MIL models based on the Support Vector Machines (NSK, sMIL, sAwMIL). Inspired by the outdated misvm package.

Note: This is an alpha version.

Installation

pip install sawmil

Requirements

numpy>=1.22
scikit-learn>=1.7.0
gurobipy>=12.0.3
python>=11.0 # recommended: >=12.3

At this point, sawmil package works only with the Gurobi optimizer. You need to obtain a academic/commercial license to use it. We plan to add implementations with other solvers.

Quick start

1. Generate dummy data

from dataset import make_complex_bags
import numpy as np
rng = np.random.default_rng(0)

ds = make_complex_bags(
    n_pos=300, n_neg=100, inst_per_bag=(5, 15), d=2,
    pos_centers=((+2,+1), (+4,+3)),
    neg_centers=((-1.5,-1.0), (-3.0,+0.5)),
    pos_scales=((2.0, 0.6), (1.2, 0.8)),
    neg_scales=((1.5, 0.5), (2.5, 0.9)),
    pos_intra_rate=(0.25, 0.85),
    ensure_pos_in_every_pos_bag=True,
    neg_pos_noise_rate=(0.00, 0.05),
    pos_neg_noise_rate=(0.00, 0.20),
    outlier_rate=0.1,
    outlier_scale=8.0,
    random_state=42,
)

2. NSK with RBF Kernel

Load a kernel:

from sawmil.kernels import get_kernel
from sawmil.bag_kernels import make_bag_kernel
k = get_kernel("rbf", gamma=0.5) # base (single-instance kernel)
bag_k  = make_bag_kernel(k, use_intra_labels=False) # convert single-instance kernel to bagged kernel

Fit NSK Model:

from sawmil.nsk import NSK

clf = NSK(C=0.1, bag_kernel=bag_k, scale_C=True, tol=1e-8, verbose=False).fit(ds, None)
print("Train acc:", clf.score(ds, np.array([b.y for b in ds.bags])))

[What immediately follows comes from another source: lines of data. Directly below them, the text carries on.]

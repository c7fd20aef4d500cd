-- ===== src/Handlers/DeviceGrant.antt =====
-- handleDeviceCodeRequest, randomUserCode and handleDeviceAuthorize of
-- internal/handlers/handlers.go: where a device gets its codes, and where its user agrees.
use Prim.Native.String
use fake_auth.Base.{
  ℕ, zero, suc, pos, String, false, ◌||◌, Option, none, some, [], ◌∷◌, ◌==◌, if◌then◌else◌,
}
use fake_auth.Text.{or_text, concat}
use fake_auth.Dict.{text_at}
use fake_auth.Json.{str, int}
use fake_auth.Web.{Request, query_value, form_value}
use fake_auth.Database
use fake_auth.Grants.{DeviceCode, save_device_code, authorize_device_code, deny_device_code}
use fake_auth.Handlers.{Env, Draws, Config, State, Response, send_json, plain_text, page, base_url}
use fake_auth.Handlers.Endpoint.{parse_token_params}
use fake_auth.Handlers.SignIn.{password_holder}

abbrev pub chars : String
chars = "ABCDEFGHJKLMNPQRSTUVWXYZ23456789"

-- s[n], as a text
letter : String → ℕ → String
letter String.[] n = ""
letter (String.◌∷◌ c s) zero = String.◌∷◌ c ""
letter (String.◌∷◌ c s) (suc n) = letter s n

-- `digit` are the numbers below 32 that crypto/rand yields.
unfoldable pub random_user_code : (ℕ → ℕ) → String
unfolding letter concat
random_user_code digit =
    let at : ℕ → String = λ n. letter chars (digit n) in
    concat (at 0 ∷ at 1 ∷ at 2 ∷ at 3 ∷ "-" ∷ at 4 ∷ at 5 ∷ at 6 ∷ at 7 ∷ [])

-- What is stored for a device; SaveDeviceCode sets the expiry and the interval.
unfoldable pub requested : String → String → String → String → String → DeviceCode
unfolding or_text
requested device_code user_code client_id scope audience = record {
  device_code = device_code;
  user_code = user_code;
  user_id = "";
  client_id = or_text client_id "e2e-test";
  scope = or_text scope "openid";
  audience = audience;
  expires_at = 0;
  interval = 0;
  user_authorized = false;
  access_denied = false;
  expired = false;
}

-- The codes that a request draws.
abbrev pub device_code_of : Draws → String
device_code_of draws = String.◌++◌ "dc_" (draws.uuid 0)

unfoldable pub handle_device_code_request :
    Config → Env → Draws → State → Request → State × Response
unfolding random_user_code requested base_url
handle_device_code_request cfg env draws s r =
    let p = parse_token_params r in
    let device_code = device_code_of draws in
    let user_code = random_user_code draws.digit in
    let uri = String.◌++◌ (base_url cfg) "/oauth/device/authorize" in
    let dc =
      requested device_code user_code (text_at p "client_id") (text_at p "scope")
        (text_at p "audience") in
    (
      elim s.grant_store [
        | none ↦ s
        | some g ↦ record s {
          grant_store = some (
              save_device_code env.upper (draws.clock 0) (draws.clock 1) device_code user_code dc
                g);
        }
      ],
      send_json 200 (
          ("device_code", str device_code)
          ∷ ("user_code", str user_code)
          ∷ ("verification_uri", str uri)
          ∷ (
            "verification_uri_complete",
            str (String.◌++◌ uri (String.◌++◌ "?user_code=" (env.library.query_escape user_code))),
          )
          ∷ ("expires_in", int (pos 900))
          ∷ ("interval", int (pos 5))
          ∷ []),
    )

abbrev body_page : String → String
body_page source = String.◌++◌ "<!DOCTYPE html><html><body>" (String.◌++◌ source "</body></html>")

-- The refusal of a user code.
deny : Env → String → State → State
deny env user_code s = elim s.grant_store [
  | none ↦ s
  | some g ↦ record s { grant_store = some (deny_device_code env.upper user_code g).0 }
]

-- The consent of a user who gave the right password.
consent : Env → Draws → String → State → Option Database.User → State × Response
unfolding concat
consent env draws user_code s none = (
  s,
  page 200 (
      body_page (
        concat (
          "<p>Invalid credentials.</p><a href=\"?user_code="
          ∷ env.library.html_escape user_code
          ∷ "\">Try again</a>"
          ∷ []))),
)
consent env draws user_code s (some u) = (
  elim s.grant_store [
    | none ↦ s
    | some g ↦ record s {
      grant_store = some (authorize_device_code env.upper (draws.clock 0) user_code u.id g).0;
    }
  ],
  page 200 (body_page "<p>Device authorized. You can close this page.</p>"),
)

unfoldable pub post_device :
    Env → Draws → State → String → String → String → String → State × Response
unfolding deny consent
post_device env draws s user_code action username password =
    if action == "deny"
    then (deny env user_code s, page 200 (body_page "<p>Access denied.</p>"))
    else if username == "" || password == ""
    then (s, plain_text 400 "username and password required")
    else consent env draws user_code s (password_holder env draws s.db username password)

device_form : Env → String → String
unfolding concat
device_form env user_code =
    let shown = env.library.html_escape user_code in
    concat (
      "<!DOCTYPE html><html><head><title>Device Authorization</title></head><body>\n<p>Enter code: <strong>"
      ∷ shown ∷ "</strong></p>\n<form method=\"post\" action=\"?user_code=" ∷ shown
      ∷ "\">\n<input type=\"hidden\" name=\"user_code\" value=\"" ∷ shown
      ∷ "\">\n<label>Email: <input type=\"text\" name=\"username\"></label><br>\n<label>Password: <input type=\"password\" name=\"password\"></label><br>\n<button type=\"submit\" name=\"action\" value=\"allow\">Authorize</button>\n<button type=\"submit\" name=\"action\" value=\"deny\">Deny</button>\n</form></body></html>"
      ∷ [])

unfoldable pub handle_device_authorize : Env → Draws → State → Request → State × Response
unfolding post_device query_value form_value device_form or_text
handle_device_authorize env draws s r =
    let user_code = or_text (query_value r "user_code") (form_value r "user_code") in
    if user_code == ""
    then (s, page 400 (body_page "<p>user_code is required</p>"))
    else if r.method == "POST"
    then post_device env draws s user_code (form_value r "action") (form_value r "username")
        (form_value r "password")
    else (s, page 200 (device_form env user_code))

3. Fit sMIL Model with Linear Kernel

k = get_kernel("linear", normalizer="none") # base (single-instance kernel)
bag_k  = make_bag_kernel(Linear(), normalizer="none", use_intra_labels=False)
clf = sMIL(C=0.1, bag_kernel=bag_k, scale_C=True, tol=1e-6, verbose=False).fit(ds, None)

print("Train acc:", clf.score(ds, np.array([1 if b.y > 0 else -1 for b in ds.bags])))

See more examples in the example.ipynb notebook.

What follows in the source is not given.